In Europe when this occurred, civil liberties lawyers pointed out that it reverses the fundamental right to be presumed innocent until proven guilty. It would be similar to removing someone’s right to remain silent.

Finally, internet experts argue that email interception will be quite different from old-fashioned telephone interception, where a single line is monitored. Modern networks mix data packets of various origins in a broad stream and so, according to Erich Moechel, an Austrian researcher into the FBI- European Union surveillance plans, “you simply have to analyse at least all their headers [including sender and address] to know which ones to intercept”.

While there is equipment available that could target a single email user, other countries introducing similar new laws have required an “interception interface” to be built into every internet and phone company’s system. For email, this involves specialised software being installed by internet service providers that can be remotely controlled by intelligence and police agencies. This provides capabilities that Moechel describes as “spooks’ heaven”. This is what the New Zealand legislation will permit.

This would not yet mean electronic “trawling” of all email traffic, as the GCSB does. But, as the British Statewatch organisation wrote (about the RIP Bill), “Over the past 10 years secret and clandestine methods of gathering `intelligence’ previously employed in the days of the Cold War by internal security agencies have been permeating policing practice”.

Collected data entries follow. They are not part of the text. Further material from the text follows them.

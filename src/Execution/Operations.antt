-- ===== src/Execution/Operations.antt =====
-- src/execution/coordinator.ts: the operations that a caller starts. One runs at a time; each ends with
-- the release of the coordinator, which first records the stream executions that arrived meanwhile. The
-- number `rounds` bounds the turns of that loop.
use multi_venue_grid_engine.Base.{
  ℕ, Bool, true, false, ◌||◌, Option, none, some, List, [], ◌∷◌, ◌++◌, Text, text, Outcome, ok, err,
  if◌then◌else◌,
}
use multi_venue_grid_engine.Execution.Intents.{RegistryError, OrderIntent}
use multi_venue_grid_engine.Execution.Observations.{ExecutionFacts}
use multi_venue_grid_engine.Execution.CoordinatorState.{
  Coordinator, risk_increase_blockers, note_stream_event, defer_stream_execution,
}
use multi_venue_grid_engine.Execution.Steps.{Step, Deps, return, ◌>>=◌, ◌>>◌, gets, modify, await}
use multi_venue_grid_engine.Execution.Admission.{exposure_reservation}
use multi_venue_grid_engine.Execution.Submission.{
  SubmitResult, refused, BatchResult, batch_refused, submit_exclusive, submit_batch_exclusive,
}
use multi_venue_grid_engine.Execution.Cancellation.{cancel_exclusive}
use multi_venue_grid_engine.Execution.Reconciliation.{ReconcileResult, reconcile_exclusive}
use multi_venue_grid_engine.Execution.Feed.{
  ReplayResult, replay_exclusive, ingest_exclusive, release, revoke,
}
use multi_venue_grid_engine.Execution.OpenOrders.{OpenOrderScan}
use multi_venue_grid_engine.Execution.OrderScan.{
  DuplicateCleanupResult, failed_scan_result, scan_exclusive, cleanup_exclusive,
}
use multi_venue_grid_engine.Execution.Continuation.{
  ContinuationDecision, decide_continuation, unevaluated_continuation,
}

abbrev pub occupy : Coordinator → Coordinator
occupy c = record c { busy = true }

abbrev pub occupy_revoked : Coordinator → Coordinator
occupy_revoked c = record c { busy = true; continuation_granted = false }

abbrev pub coordinator_busy : List Text
coordinator_busy = text "COORDINATOR_BUSY" ∷ []

-- The result of a `try` whose `finally` ended so.
abbrev pub after_finally {ℓ} :
    {A : Type ℓ}
    → Outcome RegistryError A
    → Outcome RegistryError (Unit {0})
    → Outcome RegistryError A
after_finally result (ok u) = result
after_finally result (err e) = err e

-- `startCycle`: the new state and the answer.
unfoldable pub start_cycle : Coordinator → Coordinator × Bool
start_cycle c =
    if c.busy
    then (c, false)
    else (record c { continuation_granted = false; writes_this_cycle = 0 }, true)

abbrev pub grant_by : ContinuationDecision → Coordinator → Coordinator
grant_by d c = record c { continuation_granted = d.allow_risk_increase }

-- The codes of a stream execution that is only kept for later.
abbrev pub deferred_codes : Coordinator → Option Text → List Text
deferred_codes c problem =
    (elim problem [ none ↦ [] | some code ↦ code ∷ [] ])
    ++ (text "EXECUTION_STREAM_EVENT_DROPPED"
        ∷ (if c.busy then text "COORDINATOR_BUSY" else text "JOURNAL_LATCHED")
        ∷ [])

abbrev pub problem_codes : Option Text → List Text
problem_codes none = []
problem_codes (some code) = code ∷ []

module _ {W : Type 0} (D : Deps W) (rounds : ℕ) where
  -- A `try` around `body`, whose `finally` makes a change and releases.
  unfoldable pub releasing {ℓ} : {A : Type ℓ} → (Coordinator → Coordinator) → Step W A → Step W A
  releasing finally body m =
      let ran = body m in
      let freed = release D rounds (record ran.1 { coordinator = finally ran.1.coordinator }) in
      (after_finally ran.0 freed.0, freed.1)

  -- An operation that is refused while another runs.
  unfoldable pub exclusively {ℓ} :
      {A : Type ℓ}
      → A
      → (Coordinator → Coordinator)
      → (Coordinator → Coordinator)
      → Step W A
      → Step W A
  exclusively answer enter finally body = do
    busy ← gets (λ c. c.busy)
    (if busy then return answer else (modify enter >> releasing finally body))

  unfoldable pub submit : OrderIntent → Step W SubmitResult
  submit i = exclusively (refused coordinator_busy) occupy revoke (submit_exclusive D i)

  unfoldable pub submit_batch : List OrderIntent → Step W BatchResult
  submit_batch intents =
      exclusively (batch_refused coordinator_busy) occupy revoke (submit_batch_exclusive D intents)

  unfoldable pub cancel : Text → Step W SubmitResult
  cancel id = exclusively (refused coordinator_busy) occupy_revoked (λ c. c) (cancel_exclusive D id)

  unfoldable pub reconcile_unresolved : Step W ReconcileResult
  reconcile_unresolved =
      exclusively (record { reason_codes = coordinator_busy; items = [] }) occupy_revoked (λ c. c)
        (reconcile_exclusive D)

  abbrev pub busy_scan : OpenOrderScan
  busy_scan = failed_scan_result (text "COORDINATOR_BUSY")

  unfoldable pub scan_open_orders : Text → Step W OpenOrderScan
  scan_open_orders anchor_epoch =
      exclusively busy_scan occupy_revoked (λ c. c) (scan_exclusive D anchor_epoch)

  unfoldable pub cleanup_owned_duplicates : Text → Step W DuplicateCleanupResult
  cleanup_owned_duplicates anchor_epoch =
      exclusively (record { scan = busy_scan; cancels = []; reason_codes = coordinator_busy })
        occupy_revoked (λ c. c) (cleanup_exclusive D anchor_epoch)

  unfoldable pub replay_executions : Step W ReplayResult
  replay_executions =
      exclusively (record { reason_codes = coordinator_busy; recorded_ids = [] }) occupy_revoked
        (λ c. c) (replay_exclusive D)

  -- `ingestStreamExecution`, of the facts and the sequence that were read.
  unfoldable pub ingest_stream_execution : ExecutionFacts → Option Text → Step W ReplayResult
  ingest_stream_execution facts sequence = do
    problem ← gets (λ c. (note_stream_event c sequence).1)
    modify (λ c. (note_stream_event c sequence).0)
    c ← gets (λ c. c)
    (if c.busy || c.journal_failed
        then (do
          modify (λ c. defer_stream_execution c facts)
          return (record { reason_codes = deferred_codes c problem; recorded_ids = [] }))
        else (modify occupy
            >> releasing (λ c. c) (ingest_exclusive D facts (problem_codes problem))))

  -- `continuationExclusive`
  unfoldable pub continuation_exclusive : Text → Step W ContinuationDecision
  continuation_exclusive anchor_epoch = do
    _ ← reconcile_exclusive D
    _ ← scan_exclusive D anchor_epoch
    _ ← replay_exclusive D
    reservation ← gets (λ c. exposure_reservation D.decimal_js c.registry)
    risk_inputs ← await D.ports.read_risk_inputs
    halt_view ← await D.ports.inspect_halt
    blockers ← gets risk_increase_blockers
    return (
        decide_continuation D.decimal_js D.admit_risk_input (record {
          risk_inputs = risk_inputs;
          halt_view = halt_view;
          reservation = reservation;
          blockers = blockers;
        }))

  -- The decision, which is also the grant.
  unfoldable pub granting : Text → Step W ContinuationDecision
  granting anchor_epoch = do
    decision ← continuation_exclusive anchor_epoch
    modify (grant_by decision)
    return decision

  unfoldable pub evaluate_continuation : Text → Step W ContinuationDecision
  evaluate_continuation anchor_epoch =
      exclusively (unevaluated_continuation coordinator_busy) occupy_revoked (λ c. c)
        (granting anchor_epoch)
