-- ===== src/Execution/Session.antt =====
-- src/execution/coordinator.ts: the life of a coordinator, as the operations that its caller starts one
-- after the other. An operation that throws ends; the caller may go on with the next.
use multi_venue_grid_engine.Base.{ℕ, Option, List, [], ◌∷◌, Text}
use multi_venue_grid_engine.Execution.Intents.{OrderIntent}
use multi_venue_grid_engine.Execution.Observations.{ExecutionFacts}
use multi_venue_grid_engine.Execution.CoordinatorState.{stream_reconnect}
use multi_venue_grid_engine.Execution.Steps.{Step, Machine, Deps, ◌>>=◌, modify, return}
use multi_venue_grid_engine.Execution.Operations.{
  submit, submit_batch, cancel, reconcile_unresolved, scan_open_orders, cleanup_owned_duplicates,
  replay_executions, ingest_stream_execution, evaluate_continuation, start_cycle,
}

-- The public methods that change the coordinator.
pub data Operation : Type 0 where
  submits : OrderIntent → Operation
  submits_batch : List OrderIntent → Operation
  cancels : Text → Operation
  reconciles replays reconnects starts_cycle : Operation
  scans cleans_up evaluates : Text → Operation
  ingests : ExecutionFacts → Option Text → Operation

-- The value of an operation is the caller's.
abbrev pub finished {ℓ} : {W : Type 0} {A : Type ℓ} → Step W A → Step W (Unit {0})
finished step = step >>= λ _. return tt

module _ {W : Type 0} (D : Deps W) (rounds : ℕ) where
  unfoldable pub perform_operation : Operation → Step W (Unit {0})
  perform_operation (submits i) = finished (submit D rounds i)
  perform_operation (submits_batch is) = finished (submit_batch D rounds is)
  perform_operation (cancels id) = finished (cancel D rounds id)
  perform_operation reconciles = finished (reconcile_unresolved D rounds)
  perform_operation replays = finished (replay_executions D rounds)
  perform_operation reconnects = modify stream_reconnect
  perform_operation starts_cycle = modify (λ c. (start_cycle c).0)
  perform_operation (scans epoch) = finished (scan_open_orders D rounds epoch)
  perform_operation (cleans_up epoch) = finished (cleanup_owned_duplicates D rounds epoch)
  perform_operation (evaluates epoch) = finished (evaluate_continuation D rounds epoch)
  perform_operation (ingests facts sequence) =
      finished (ingest_stream_execution D rounds facts sequence)

  unfoldable pub run_operations : List Operation → Machine W → Machine W
  run_operations [] m = m
  run_operations (op ∷ ops) m = run_operations ops (perform_operation op m).1
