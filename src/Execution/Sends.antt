-- ===== src/Execution/Sends.antt =====
-- src/execution/coordinator.ts: what must hold of every call that reaches the venue, however the
-- operations are composed.
pub mod Rules
pub mod Place
pub mod Submit
pub mod Cancel
pub mod Feed
pub mod Operations
pub mod Session
pub mod Unwritten
use multi_venue_grid_engine.Base.{
  ◌≡◌, ◌⊎◌, Bool, true, false, Option, some, List, [], ◌∷◌, Text, text_eq, get_entry,
}
use multi_venue_grid_engine.Execution.IntentStatus.{prepared, cancel_prepared}
use multi_venue_grid_engine.Execution.Intents.{OrderIntent, IntentRecord}
use multi_venue_grid_engine.Execution.RegistryState.{RegistryState}
use multi_venue_grid_engine.Execution.Registry.Terminal.{CallPath}
use multi_venue_grid_engine.Execution.Ports.{CancelRequest}
use multi_venue_grid_engine.Execution.CoordinatorState.{
  Coordinator, execution_blocker_codes, is_risk_increasing,
}
use multi_venue_grid_engine.Execution.Steps.{
  Effect, persisted, checkpointed, placed, cancel_sent, Machine, Deps,
}

-- A registry that holds the intent as prepared.
pub record HasPrepared (s : RegistryState) (i : OrderIntent) : Type 0 where
  pub held : IntentRecord
  pub found : get_entry s.records i.intent_id ≡ some held
  pub is_prepared : held.status ≡ prepared
  pub same_intent : held.intent ≡ i

-- A registry that holds a pending cancel of the request's order.
pub record HasCancelPrepared (s : RegistryState) (q : CancelRequest) : Type 0 where
  pub id : Text
  pub held : IntentRecord
  pub found : get_entry s.records id ≡ some held
  pub is_prepared : held.status ≡ cancel_prepared
  pub same_order : held.exchange_order_id ≡ some q.exchange_order_id
  pub same_client : held.intent.client_order_id ≡ q.client_order_id

-- The write that came directly before, if it became durable.
pub record IsAfterWrite (P : RegistryState → Type 0) (before : List Effect) : Type 0 where
  pub written : RegistryState
  pub earlier : List Effect
  pub directly : before ≡ persisted written true ∷ earlier
  pub holds : P written

-- An order that increases risk is sent on a grant, with no execution blocker.
abbrev pub IsAuthorised : OrderIntent → Coordinator → Type 0
IsAuthorised i c =
    (is_risk_increasing i ≡ false)
    ⊎ ((c.continuation_granted ≡ true) × (execution_blocker_codes c ≡ []))

-- What must hold of an effect after the earlier ones.
abbrev pub IsSound : Effect → List Effect → Type 0
IsSound (persisted s durable) before = Unit {0}
IsSound (checkpointed cursor durable) before = Unit {0}
IsSound (placed i c) before = IsAfterWrite (λ s. HasPrepared s i) before × IsAuthorised i c
IsSound (cancel_sent q c) before = IsAfterWrite (λ s. HasCancelPrepared s q) before

abbrev pub AllSound : List Effect → Type 0
AllSound [] = Unit {0}
AllSound (e ∷ before) = IsSound e before × AllSound before

-- The registry is reached from `s0` by its own calls, and the effects so far are as `T` says.
pub record IsOn {W : Type 0} (D : Deps W) (s0 : RegistryState) (T : List Effect → Type 0)
    (m : Machine W) : Type 0 where
  pub path : CallPath D.decimal_js D.sha256_hex D.intent_fingerprint s0 m.coordinator.registry
  pub sends : T m.trace

abbrev pub IsGood : {W : Type 0} → Deps W → RegistryState → Machine W → Type 0
IsGood D s0 = IsOn D s0 AllSound
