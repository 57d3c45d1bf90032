-- ===== src/Execution/Sends/Rules.antt =====
-- src/execution/coordinator.ts: the steps that keep the invariant by themselves.
use multi_venue_grid_engine.Base.{
  ◌≡◌, refl, ◌∙◌, true, false, sym, subst, Bool, List, ◌∷◌, Outcome, ok,
}
use multi_venue_grid_engine.Execution.Intents.{RegistryError}
use multi_venue_grid_engine.Execution.RegistryState.{RegistryState}
use multi_venue_grid_engine.Execution.Registry.{RegistryCall, perform}
use multi_venue_grid_engine.Execution.Registry.Terminal.{CallPath}
use multi_venue_grid_engine.Execution.Registry.Terminal
use multi_venue_grid_engine.Execution.Ports.{Awaited}
use multi_venue_grid_engine.Execution.CoordinatorState.{
  Coordinator, interrupt_all, interrupt_all-registry,
}
use multi_venue_grid_engine.Execution.Steps.{
  Effect, persisted, Machine, Deps, return, gets, modify, await, change, of_outcome, persist,
  latch_unless,
}
use multi_venue_grid_engine.Execution.Steps.Rules.{Triple, Keeps, changes, returns, reads, computes}
use multi_venue_grid_engine.Execution.Sends.{AllSound, IsOn, IsAfterWrite}

pub latch-registry : (b : Bool) (c : Coordinator) → (latch_unless b c).registry ≡ c.registry
latch-registry true c = refl
latch-registry false c = refl

-- After a write of a registry with `P`, where it became durable.
abbrev pub AfterWrite : (RegistryState → Type 0) → Bool → List Effect → Type 0
AfterWrite P true t = IsAfterWrite P t × AllSound t
AfterWrite P false t = AllSound t

after_write :
    (P : RegistryState → Type 0) (s : RegistryState) (durable : Bool) (t : List Effect)
    → P s
    → AllSound t
    → AfterWrite P durable (persisted s durable ∷ t)
after_write P s true t p sound =
    (record { written = s; earlier = t; directly = refl; holds = p }, (tt, sound))
after_write P s false t p sound = (tt, sound)

module _ {W : Type 0} (D : Deps W) (s0 : RegistryState) where
  abbrev Calls : RegistryState → Type 0
  Calls = CallPath D.decimal_js D.sha256_hex D.intent_fingerprint s0

  abbrev pub On : (List Effect → Type 0) → Machine W → Type 0
  On = IsOn D s0

  pub awaits :
      {A : Type 0} {T : List Effect → Type 0} {E : Machine W → Type 0} (call : W → Awaited W A)
      → Triple (On T) (await call) (λ _. On T) E
  unfolding await
  awaits call = record {
    run = λ m p. record {
      path = subst Calls (sym (interrupt_all-registry m.coordinator (call m.world).1)) p.path;
      sends = p.sends;
    };
  }

  -- A change of the coordinator outside its registry.
  pub modifies :
      {T : List Effect → Type 0} {E : Machine W → Type 0} (f : Coordinator → Coordinator)
      → ((c : Coordinator) → (f c).registry ≡ c.registry)
      → Triple (On T) (modify f) (λ _. On T) E
  unfolding modify
  modifies f same = record {
    run = λ m p. record { path = subst Calls (sym (same m.coordinator)) p.path; sends = p.sends };
  }

  -- A call of the registry.
  pub calls :
      {T : List Effect → Type 0} (f : RegistryState → Outcome RegistryError RegistryState)
      → ((s s' : RegistryState) → f s ≡ ok s' → Calls s → Calls s')
      → Keeps (On T) (change f)
  calls f step =
      changes f
        (λ m p s e. record { path = step m.coordinator.registry s e p.path; sends = p.sends })
        (λ m p. p)

  -- The write that a durable journal has, for what holds after any write.
  pub persists :
      {T T' : List Effect → Type 0} {E : Machine W → Type 0}
      → ((s : RegistryState) (durable : Bool) (t : List Effect)
          → T t
          → T' (persisted s durable ∷ t))
      → Triple (On T) (persist D.ports) (λ _. On T') E
  unfolding persist await
  persists after = record {
    run = λ m p.
        let call = D.ports.persist_journal m.coordinator.registry m.world in
        record {
          path =
              subst Calls
                (sym (
                  latch-registry call.2 (interrupt_all m.coordinator call.1)
                  ∙ interrupt_all-registry m.coordinator call.1))
                p.path;
          sends = after m.coordinator.registry call.2 m.trace p.sends;
        };
  }

  pub persists_holding :
      {E : Machine W → Type 0} (P : RegistryState → Type 0)
      → Triple
          (λ m. On AllSound m × P m.coordinator.registry)
          (persist D.ports)
          (λ durable. On (AfterWrite P durable))
          E
  unfolding persist await
  persists_holding P = record {
    run = λ m p.
        let call = D.ports.persist_journal m.coordinator.registry m.world in
        record {
          path =
              subst Calls
                (sym (
                  latch-registry call.2 (interrupt_all m.coordinator call.1)
                  ∙ interrupt_all-registry m.coordinator call.1))
                p.0.path;
          sends = after_write P m.coordinator.registry call.2 m.trace p.1 p.0.sends;
        };
  }

  pub persists-Good : Keeps (On AllSound) (persist D.ports)
  persists-Good = persists (λ s durable t sound. (tt, sound))

  pub returns-On {ℓ} :
      {A : Type ℓ} {T : List Effect → Type 0} {E : Machine W → Type 0} (a : A)
      → Triple (On T) (return a) (λ _. On T) E
  returns-On a = returns a (λ m p. p)

  pub reads-On {ℓ} :
      {A : Type ℓ} {T : List Effect → Type 0} {E : Machine W → Type 0} (f : Coordinator → A)
      → Triple (On T) (gets f) (λ _. On T) E
  reads-On f = reads f (λ m p. p)

  pub computes-On {ℓ} :
      {A : Type ℓ} {T : List Effect → Type 0} (r : Outcome RegistryError A)
      → Keeps (On T) (of_outcome r)
  computes-On r = computes r (λ m p a e. p) (λ m p. p)

  -- The call of the registry that gives this state.
  pub by_call :
      (call : RegistryCall) (s s' : RegistryState)
      → perform D.decimal_js D.sha256_hex D.intent_fingerprint s call ≡ ok s'
      → Calls s
      → Calls s'
  by_call call s s' e p = Terminal.next call p e
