-- ===== src/Execution/Sends/Place.antt =====
-- src/execution/coordinator.ts: a place is sent on the write that holds its intent as prepared, and on a
-- grant where it increases risk.
use multi_venue_grid_engine.Base.{
  ◌≡◌, refl, sym, ◌∙◌, subst, inl, inr, arith, Bool, true, false, ◌&&◌, not, Bool-cases, Option,
  some, none, List, Text, text_eq, ok, get_entry, get-set_same, guard, >>=-eq-ok, ok_injective,
}
use multi_venue_grid_engine.Execution.IntentStatus.{IntentStatus, not_sent, rejected, unknown}
use multi_venue_grid_engine.Execution.Intents
use multi_venue_grid_engine.Execution.Intents.{OrderIntent, place_intent_problem}
use multi_venue_grid_engine.Execution.RegistryState.{RegistryState, is_unset, client_id_of}
use multi_venue_grid_engine.Execution.Registry
use multi_venue_grid_engine.Execution.Registry.{
  RegistryCall, perform, transition, prepare, prepare_call, link_call, mark_not_sent, mark_rejected,
  mark_unknown,
}
use multi_venue_grid_engine.Execution.Ports.{
  OrderAck, VenueWriteResult, acknowledged, venue_rejected, venue_unknown, venue_not_sent,
  unrecognized, FenceResult, fence_not_sent, fence_sent, fence_unknown,
}
use multi_venue_grid_engine.Execution.CoordinatorState.{
  Coordinator, execution_blocker_codes, is_risk_increasing, is_empty,
}
use multi_venue_grid_engine.Execution.Steps.{Effect, Deps, emit, return}
use multi_venue_grid_engine.Execution.Steps.Rules.{Triple, Keeps, chain, changes, reads, by_if}
use multi_venue_grid_engine.Execution.Admission.{revoked_risk_increase}
use multi_venue_grid_engine.Execution.Submission.{
  PlaceValue, withheld, answered, mark, is_own_ack, is_duplicate_rejection, link_ack,
  apply_place_result, apply_place_outcome, leave_fence_with, place_callback, run_place,
  send_durable, send_if_durable, send_place,
}
use multi_venue_grid_engine.Execution.Sends.{HasPrepared, IsAuthorised, AllSound, IsGood}
use multi_venue_grid_engine.Execution.Sends.Rules.{
  On, AfterWrite, persists_holding, awaits, modifies, calls, persists-Good, returns-On, reads-On,
  by_call,
}

pub prepare-HasPrepared :
    {W : Type 0} (D : Deps W) (s : RegistryState) (i : OrderIntent) (s' : RegistryState)
    → prepare D.decimal_js D.sha256_hex D.intent_fingerprint s i ≡ ok s'
    → HasPrepared s' i
unfolding prepare
prepare-HasPrepared D s i s' h =
    let (problem, checked, h1) = >>=-eq-ok (place_intent_problem D.decimal_js D.sha256_hex i) _ h in
    let (_, fine, h2) = >>=-eq-ok (Registry.refuse_on problem) _ h1 in
    let (_, absent, h3) =
      >>=-eq-ok
        (guard (is_unset (get_entry s.records i.intent_id)) Intents.intent_already_registered) _
        h2 in
    let (_, _, e) =
      >>=-eq-ok
        (guard (is_unset (get_entry s.by_client_order_id (client_id_of i)))
          Intents.client_order_id_collision)
        _ h3 in
    subst (λ s'. HasPrepared s' i) (ok_injective e)
      (record {
        held = _;
        found = get-set_same s.records i.intent_id _;
        is_prepared = refl;
        same_intent = refl;
      })

not_revoked-IsAuthorised :
    (c : Coordinator) (i : OrderIntent) → none ≡ revoked_risk_increase c i → IsAuthorised i c
unfolding revoked_risk_increase
not_revoked-IsAuthorised c i h = elim (Bool-cases (is_risk_increasing i)) [
  | inr e ↦ inl e
  | inl e ↦ elim (Bool-cases (c.continuation_granted && is_empty (execution_blocker_codes c))) [
    | inl fine ↦ inr (ground arith, ground arith)
    | inr revoked ↦ absurd (ground arith)
  ]
]

module _ {W : Type 0} (D : Deps W) (s0 : RegistryState) where
  pub mark-On :
      {T : List Effect → Type 0} (id : Text) (next : IntentStatus) (codes : List Text)
      (call : RegistryCall)
      → ((s : RegistryState)
          → transition s id next codes
            ≡ perform D.decimal_js D.sha256_hex D.intent_fingerprint s call)
      → Keeps (On D s0 T) (mark D id next codes)
  unfolding mark
  mark-On id next codes call same =
      chain (calls D s0 _ (λ s s' e. by_call D s0 call s s' (sym (same s) ∙ e)))
        λ _. returns-On D s0 _

  marks_unknown :
      {T : List Effect → Type 0} (id : Text) (codes : List Text)
      → Keeps (On D s0 T) (mark D id unknown codes)
  unfolding perform
  marks_unknown id codes = mark-On id unknown codes (mark_unknown id codes) (λ s. refl)

  marks_not_sent :
      {T : List Effect → Type 0} (id : Text) (codes : List Text)
      → Keeps (On D s0 T) (mark D id not_sent codes)
  unfolding perform
  marks_not_sent id codes = mark-On id not_sent codes (mark_not_sent id codes) (λ s. refl)

  marks_rejected :
      {T : List Effect → Type 0} (id : Text) (codes : List Text)
      → Keeps (On D s0 T) (mark D id rejected codes)
  unfolding perform
  marks_rejected id codes = mark-On id rejected codes (mark_rejected id codes) (λ s. refl)

  link_ack-On :
      {T : List Effect → Type 0} (i : OrderIntent) (ack : OrderAck)
      → Keeps (On D s0 T) (link_ack D i ack)
  unfolding link_ack perform
  link_ack-On i ack = chain (reads-On D s0 _) λ c.
      by_if (not (is_own_ack D i ack)) (marks_unknown _ _) (
        by_if (not (is_unset (get_entry c.registry.by_exchange_order_id ack.exchange_order_id)))
          (marks_unknown _ _)
          (chain (calls D s0 _ (by_call D s0 (link_call _ _))) λ _. returns-On D s0 _))

  apply_result-On :
      {T : List Effect → Type 0} (i : OrderIntent) (result : VenueWriteResult OrderAck)
      → Keeps (On D s0 T) (apply_place_result D i result)
  unfolding apply_place_result
  apply_result-On i (acknowledged ack) = link_ack-On i ack
  apply_result-On i (venue_rejected code) =
      by_if (is_duplicate_rejection D code) (marks_unknown _ _) (marks_rejected _ _)
  apply_result-On i venue_unknown = marks_unknown _ _
  apply_result-On i venue_not_sent = marks_not_sent _ _
  apply_result-On i unrecognized = marks_unknown _ _

  apply_outcome-On :
      {T : List Effect → Type 0} (i : OrderIntent) (fenced : FenceResult PlaceValue)
      → Keeps (On D s0 T) (apply_place_outcome D i fenced)
  unfolding apply_place_outcome
  apply_outcome-On i (fence_not_sent codes) = marks_not_sent _ _
  apply_outcome-On i (fence_unknown codes) = marks_unknown _ _
  apply_outcome-On i (fence_sent none) = marks_unknown _ _
  apply_outcome-On i (fence_sent (some (withheld codes))) = marks_not_sent _ _
  apply_outcome-On i (fence_sent (some (answered result))) = apply_result-On i result

  pub leave_fence-On :
      {A : Type 0} {T : List Effect → Type 0} (value : Option A)
      → Keeps (On D s0 T) (leave_fence_with D value)
  unfolding leave_fence_with
  leave_fence-On value = chain (awaits D s0 _) λ _. returns-On D s0 _

  -- The effects when the intent's write is the last of them.
  abbrev Written : OrderIntent → List Effect → Type 0
  Written i = AfterWrite (λ s. HasPrepared s i) true

  callback-Sound :
      (i : OrderIntent) (revoked : Option _)
      → Triple
          (λ m. On D s0 (Written i) m × (revoked ≡ revoked_risk_increase m.coordinator i))
          (place_callback D i revoked)
          (λ _. On D s0 AllSound)
          (On D s0 AllSound)
  unfolding place_callback emit return
  callback-Sound i none =
      chain {Q = λ _. On D s0 AllSound}
        (record {
          run = λ m p. record {
            path = p.0.path;
            sends = ((p.0.sends.0, not_revoked-IsAuthorised _ i p.1), p.0.sends.1);
          };
        })
        λ _. chain (awaits D s0 _) λ _. returns-On D s0 _
  callback-Sound i (some codes) = record {
    run = λ m p. record { path = p.0.path; sends = p.0.sends.1 };
  }

  run-Sound :
      (i : OrderIntent) (entering : Option _)
      → Triple
          (On D s0 (Written i))
          (run_place D i entering)
          (λ _. On D s0 AllSound)
          (On D s0 AllSound)
  unfolding run_place return
  run-Sound i none =
      chain (reads _ (λ m p. (p, refl)))
        λ revoked. chain (callback-Sound i revoked) λ value. leave_fence-On value
  run-Sound i (some codes) = record { run = λ m p. record { path = p.path; sends = p.sends.1 } }

  durable-Sound :
      (i : OrderIntent)
      → Triple (On D s0 (Written i)) (send_durable D i) (λ _. On D s0 AllSound) (On D s0 AllSound)
  unfolding send_durable
  durable-Sound i = chain (awaits D s0 _) λ entering. chain (run-Sound i entering) λ fenced.
      chain (apply_outcome-On i fenced)
        λ codes. chain (persists-Good D s0) λ durable. returns-On D s0 _

  if_durable-Sound :
      (i : OrderIntent) (durable : Bool)
      → Triple
          (On D s0 (AfterWrite (λ s. HasPrepared s i) durable))
          (send_if_durable D i durable)
          (λ _. On D s0 AllSound)
          (On D s0 AllSound)
  unfolding send_if_durable
  if_durable-Sound i false = marks_not_sent _ _
  if_durable-Sound i true = chain (modifies D s0 _ (λ c. refl)) λ _. durable-Sound i

  pub send_place-Sound : (i : OrderIntent) → Keeps (IsGood D s0) (send_place D i)
  unfolding send_place perform
  send_place-Sound i =
      chain {Q = λ _ m. On D s0 AllSound m × HasPrepared m.coordinator.registry i}
        (changes _
          (λ m p s e. (
            record { path = by_call D s0 (prepare_call i) _ s e p.path; sends = p.sends },
            prepare-HasPrepared D m.coordinator.registry i s e,
          ))
          (λ m p. p))
        λ _. chain (persists_holding D s0 _) λ durable. if_durable-Sound i durable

The other argument used by Swain and officials to justify the new laws is that organised criminals are using the internet to avoid police surveillance and that the changes are necessary “to prevent law enforcement capability being seriously eroded”. Officials provided no evidence to substantiate this claim.

Detective Sergeant Cam Stokes, who works with gangs in Auckland, told NZPA earlier this year that he knew of no instances where a crime had been plotted using email and said criminals would be cautious about what they said on-line.

While email tapping might not prove a significant advantage to police, he said, “it would certainly be no disadvantage to us to know who criminals were corresponding with”.

This is the heart of the issue: whether there is a clear and present danger to justify increased police and spy powers. After all, police solved crime statistics are improving and the Cold War is long gone. But it is easy to speak of crime and national security. How do we judge? Swain says the intelligence agencies need updated powers to fight “international criminal activities and international terrorist activities”. And he especially backs the police having these powers so that they can “monitor criminals, particularly gangs”.

He says he agrees there must be a balance between surveillance powers and civil liberties but he “very strongly” supports the police having new powers in “the war against criminal behaviour, particularly in relation to drugs”.

The New Zealand Council for Civil Liberties does not agree. Chair Tony Ellis says the proposed surveillance laws are a major civil liberties concern.

The council wrote to Swain three months ago asking about possible email surveillance laws. On September 21, he replied that he was “confident that the rights of New Zealanders are not being diminished but rather enhanced” by the proposed laws.

Ellis says the council is waiting to see details of the legislation and will be taking it up. “It is a major and disturbing intrusion into civil liberties,” he said.